Still, adding circuitry into a chip for test also adds the same kinds of complications that any active circuitry does. To control power, clock gating is often necessary during a scan test. That adds more circuits in itself. So does compression, which can cause congestion because it requires more connections between the scan pins and the scan chain.

One solution to that problem is a hybrid compression model, which uses multiple test engines to complete a test rather than a single one, as well as multiple channels to do those tests.

“There are more patterns to test if you’re using a lower toggle rate,” said Steve Pateras, product marketing director for Mentor Graphics’ silicon test products. “With a hybrid design you use the capabilities of both engines and decrease the combined overhead by 30% to 40%.”

Improved relevance
A second solution is to not test everything—or at least not twice. This becomes particularly important in stacked die, where testing can do damage to a 50-micron-thick chip and access may not be so simple. The IEEE 1838 working group is attempting to solve this issue by defining chip-to-chip communication for running tests, but so far there has been no standard released.

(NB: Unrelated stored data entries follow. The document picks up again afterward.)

-- ===== src/Todo/Index/Repair.antt =====
-- `apply_index_repairs` of api/src/todo_index.c: the merge of the pairs that the rows call for with
-- the pairs that the index holds.
pub mod Plans
pub mod Laws
use Prim.Native.Nat.{Ordering}
use codo.Prelude.{
  ℕ, suc, ◌+◌, Bool, true, false, ◌≡◌, ◌||◌, Option, none, some, List, [], ◌∷◌, if◌then◌else◌,
}
use codo.Todo.Index.{OwnerPair, pair_compare}

-- What the repair calls: `todo_index_insert` and `todo_index_delete` inside the repair transaction,
-- which take the index from one state to the next, or return `none` for -1. Nothing else is asked of
-- them.
pub record IndexStore : Type 1 where
  pub State : Type 0
  pub insert_entry : OwnerPair → State → Option State
  pub delete_entry : OwnerPair → State → Option State

pub record RepairStats : Type 0 where
  pub inserted : ℕ
  pub deleted : ℕ
  pub failed : ℕ

module _ (store : IndexStore) where
  open store use {State, insert_entry, delete_entry}

  pub record Repair : Type 0 where
    pub index : State
    pub stats : RepairStats
    pub opened : Bool

  unfoldable pub add_entry : OwnerPair → Repair → Repair
  add_entry p r = elim (insert_entry p r.index) [
    | some index ↦ record r {
      index = index;
      stats = record (r.stats) { inserted = r.stats.inserted + 1 };
    }
    | none ↦ record r { stats = record (r.stats) { failed = r.stats.failed + 1 } }
  ]

  unfoldable pub drop_entry : OwnerPair → Repair → Repair
  drop_entry p r = elim (delete_entry p r.index) [
    | some index ↦ record r {
      index = index;
      stats = record (r.stats) { deleted = r.stats.deleted + 1 };
    }
    | none ↦ record r { stats = record (r.stats) { failed = r.stats.failed + 1 } }
  ]

  -- The repair transaction is opened on the first change; `can_begin` is whether
  -- `begin_transaction` returns one.
  unfoldable pub open_repair : Bool → Repair → Option Repair
  open_repair can_begin r =
      if r.opened || can_begin then some (record r { opened = true }) else none

  abbrev pub give_up : Repair → Repair
  give_up r = record r { stats = record (r.stats) { failed = r.stats.failed + 1 } }

  -- The loop, over the pairs that are left on each side.
  unfoldable pub apply_from : Bool → List OwnerPair → List OwnerPair → Repair → Repair
  apply_from can_begin [] [] r = r
  apply_from can_begin [] (h ∷ have) r = elim (open_repair can_begin r) [
    | none ↦ give_up r
    | some r' ↦ apply_from can_begin [] have (drop_entry h r')
  ]
  apply_from can_begin (w ∷ wanted) [] r = elim (open_repair can_begin r) [
    | none ↦ give_up r
    | some r' ↦ apply_from can_begin wanted [] (add_entry w r')
  ]
  apply_from can_begin (w ∷ wanted) (h ∷ have) r = elim (pair_compare w h) [
    | Ordering.eq ↦ apply_from can_begin wanted have r
    | Ordering.lt ↦ elim (open_repair can_begin r) [
      | none ↦ give_up r
      | some r' ↦ apply_from can_begin wanted (h ∷ have) (add_entry w r')
    ]
    | Ordering.gt ↦ elim (open_repair can_begin r) [
      | none ↦ give_up r
      | some r' ↦ apply_from can_begin (w ∷ wanted) have (drop_entry h r')
    ]
  ]

  unfoldable pub apply_index_repairs : Bool → List OwnerPair → List OwnerPair → State → Repair
  apply_index_repairs can_begin wanted have index = apply_from can_begin wanted have (record {
    index = index;
    stats = record { inserted = 0; deleted = 0; failed = 0 };
    opened = false;
  })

In other cases, tests need to be routed around critical paths, so they can be run as needed in the background. Mentor’s Pateras said programmable test engines help significantly there, because each chip’s critical paths are different. “We’ve reduced overhead by three to four times using that approach,” he said. “In some cases we’ve shared a bus interface with ARM.

Having flexibility to reroute tests is important. Done wrong, tests can wreak havoc on yield, result in false positives for errors—particularly at advanced nodes where noise and heat can affect result—and impact the overall performance of the SoC.

Having standard ways of doing tests is likewise important, particularly in stacked die. “The reality is that you have to plan for this very well,” said Bassilios Petrakis, product marketing director for Cadence’s front-end design group. “There are a lot of proprietary tests out there. When you mix and match die with different tests, that will be a challenge for engineers.”

And having an understanding of what can go wrong at the architectural level, and building that into test approaches early in the flow is perhaps the most important. Most experts agree that test is no longer something to be done later in the design. It now needs to be part of the initial planning or chipmakers will pay in time, in performance, in power, and in trying to fix problems that should never have occurred.